Now is the time to connect with people and resources in your community
Workforce reductions will affect all UCalgary employees in some way — supporting each other during this difficult time will make a positive impact
Following a tough week for the UCalgary community, Dr. Andrew Szeto, director of the Campus Mental Health Strategy, reminds us to reach out to get help, offer support and stay connected.
Uncertainty around job security has caused anxiety across the institution since the provincial budget was announced on Oct. 24. In November, workforce reductions directly impacted employees.
“Everyone in our campus community is impacted in one way or another by the layoffs,” says Szeto. “It is so important during these difficult times that we make use of the resources that are available.”
Connect with your community of caring
A source of strength for UCalgary employees during this difficult time is their inclusion in a caring community that welcomes open discussion — a community that has grown stronger through the programs and initiatives set out by the Campus Mental Health Strategy.
“I believe we have come a long way in making UCalgary a place where people are comfortable talking about their mental health experiences and listening to others with empathy and respect. We also have to recognize that these difficult times can disrupt our sense of community and may lead us to feel unsupported,” says Szeto. “That makes it even more important to connect with and support each other during these difficult times.”

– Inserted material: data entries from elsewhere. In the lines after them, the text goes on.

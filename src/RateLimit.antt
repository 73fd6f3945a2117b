-- ===== src/RateLimit.antt =====
-- services/rate_limit_service.py: fixed-window counters in a table. A time is a number of
-- microseconds since the epoch, so `int(now.timestamp())` is a division.
pub mod Windows
pub mod Counting
pub mod Allowance
mod Tests
use scientific_research_rada.Prelude.{
  ℕ, ◌+◌, ◌-◌, ◌*◌, ◌/◌, max, String, Bool, true, false, List, [], ◌∷◌, Option, none, some, ltb,
  leb, str_eq, ◌&&◌, not, if◌then◌else◌, ◌==◌,
}
use scientific_research_rada.Prelude.Keyed.{is_some}
use scientific_research_rada.Prelude.Outcome.{Outcome, ok, raised}

pub record RateLimitBucket : Type 0 where
  pub key : String
  pub count : ℕ
  pub expires_at : ℕ

abbrev pub Table : Type 0
Table = List RateLimitBucket

abbrev pub second : ℕ
second = 1000000

-- `window_key`: `hash_key scope subject bucket` is the HMAC of the three.
pub record Window : Type 0 where
  pub key : String
  pub deadline : ℕ

unfoldable pub bucket_of : ℕ → ℕ → ℕ
bucket_of seconds now = now / second / seconds

module _ (hash_key : String → String → ℕ → String) where
  unfoldable pub window_key : String → String → ℕ → ℕ → Window
  window_key scope subject seconds now = record {
    key = hash_key scope subject (bucket_of seconds now);
    deadline = (bucket_of seconds now + 1) * seconds * second;
  }

-- `max(1, math.ceil((deadline - now).total_seconds()))`
unfoldable pub retry_after : ℕ → ℕ → ℕ
retry_after deadline now = max 1 ((deadline - now + (second - 1)) / second)

-- `db.get(RateLimitBucket, key)`
unfoldable pub get : String → Table → Option RateLimitBucket
get key [] = none
get key (b ∷ rest) = let later = get key rest in if str_eq b.key key then some b else later

-- The update of `consume`: the table, and whether one row was changed. The key is primary.
unfoldable pub increment : String → ℕ → Table → Table × Bool
increment key limit [] = ([], false)
increment key limit (b ∷ rest) =
    let (rest', changed) = increment key limit rest in
    if str_eq b.key key
    then (if ltb b.count limit
        then (record b { count = b.count + 1 } ∷ rest, true)
        else (b ∷ rest, false))
    else (b ∷ rest', changed)

-- The insertion of a new counter. Before it reaches the table other sessions commit, which `others`
-- does; where one of them has inserted the key, the update is made once more.
unfoldable pub insert_or_increment : Window → ℕ → (Table → Table) → Table → Table × Bool
insert_or_increment window limit others table =
    let seen = others table in
    if is_some (get window.key seen)
    then increment window.key limit seen
    else (record { key = window.key; count = 1; expires_at = window.deadline } ∷ seen, true)

unfoldable pub consume_window : Window → ℕ → (Table → Table) → Table → Table × Bool
consume_window window limit others table =
    let (table', accepted) = increment window.key limit table in
    if not accepted && not (is_some (get window.key table'))
    then insert_or_increment window limit others table'
    else (table', accepted)

pub record RateLimitExceeded : Type 0 where
  pub retry_after : ℕ
  pub scope : String

module _ (hash_key : String → String → ℕ → String) where
  -- `consume`, with the time of the call: the table, and `(accepted, retry_after)`.
  unfoldable pub consume :
      String → String → ℕ → ℕ → ℕ → (Table → Table) → Table → Table × (Bool × ℕ)
  consume scope subject limit seconds now others table =
      let window = window_key hash_key scope subject seconds now in
      let (table', accepted) = consume_window window limit others table in
      (table', (accepted, retry_after window.deadline now))

  unfoldable pub enforce :
      String
      → String
      → ℕ
      → ℕ
      → ℕ
      → (Table → Table)
      → Table
      → Table × Outcome RateLimitExceeded (Unit {0})
  enforce scope subject limit seconds now others table =
      let (table', (accepted, retry)) = consume scope subject limit seconds now others table in
      (table', if accepted then ok tt else raised (record { retry_after = retry; scope = scope }))

  -- The deadline of a window whose counter is used up.
  unfoldable pub blocked_until : String → String → ℕ → ℕ → ℕ → Table → Option ℕ
  blocked_until scope subject limit seconds now table =
      let window = window_key hash_key scope subject seconds now in
      elim (get window.key table) [
        | none ↦ none
        | some b ↦ if leb limit b.count then some window.deadline else none
      ]

  -- `max(blocked_until) if blocked_until else None`
  abbrev pub latest : Option ℕ → Option ℕ → Option ℕ
  latest none b = b
  latest (some a) none = some a
  latest (some a) (some b) = some (max a b)

  unfoldable pub run_allowance_available_at : String → ℕ → ℕ → ℕ → Table → Option ℕ
  run_allowance_available_at owner per_hour per_day now table =
      latest (blocked_until "radar-hour" owner per_hour 3600 now table)
        (blocked_until "radar-day" owner per_day 86400 now table)

-- `cleanup_rate_limits`
unfoldable pub cleanup_rate_limits : ℕ → Table → Table
cleanup_rate_limits now [] = []
cleanup_rate_limits now (b ∷ rest) =
    let kept = cleanup_rate_limits now rest in if leb b.expires_at now then kept else b ∷ kept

In addition to supporting each other here at work, Szeto encourages people to connect with colleagues and friends who have been laid off.
“Definitely reach out,” he says. “Some people will have worked with these individuals for many years — it’s only natural to get in touch.”
Connect with information and resources
While there are still many unknowns regarding further workforce reductions at UCalgary, the Human Resources team is working to share information and updates as soon as possible.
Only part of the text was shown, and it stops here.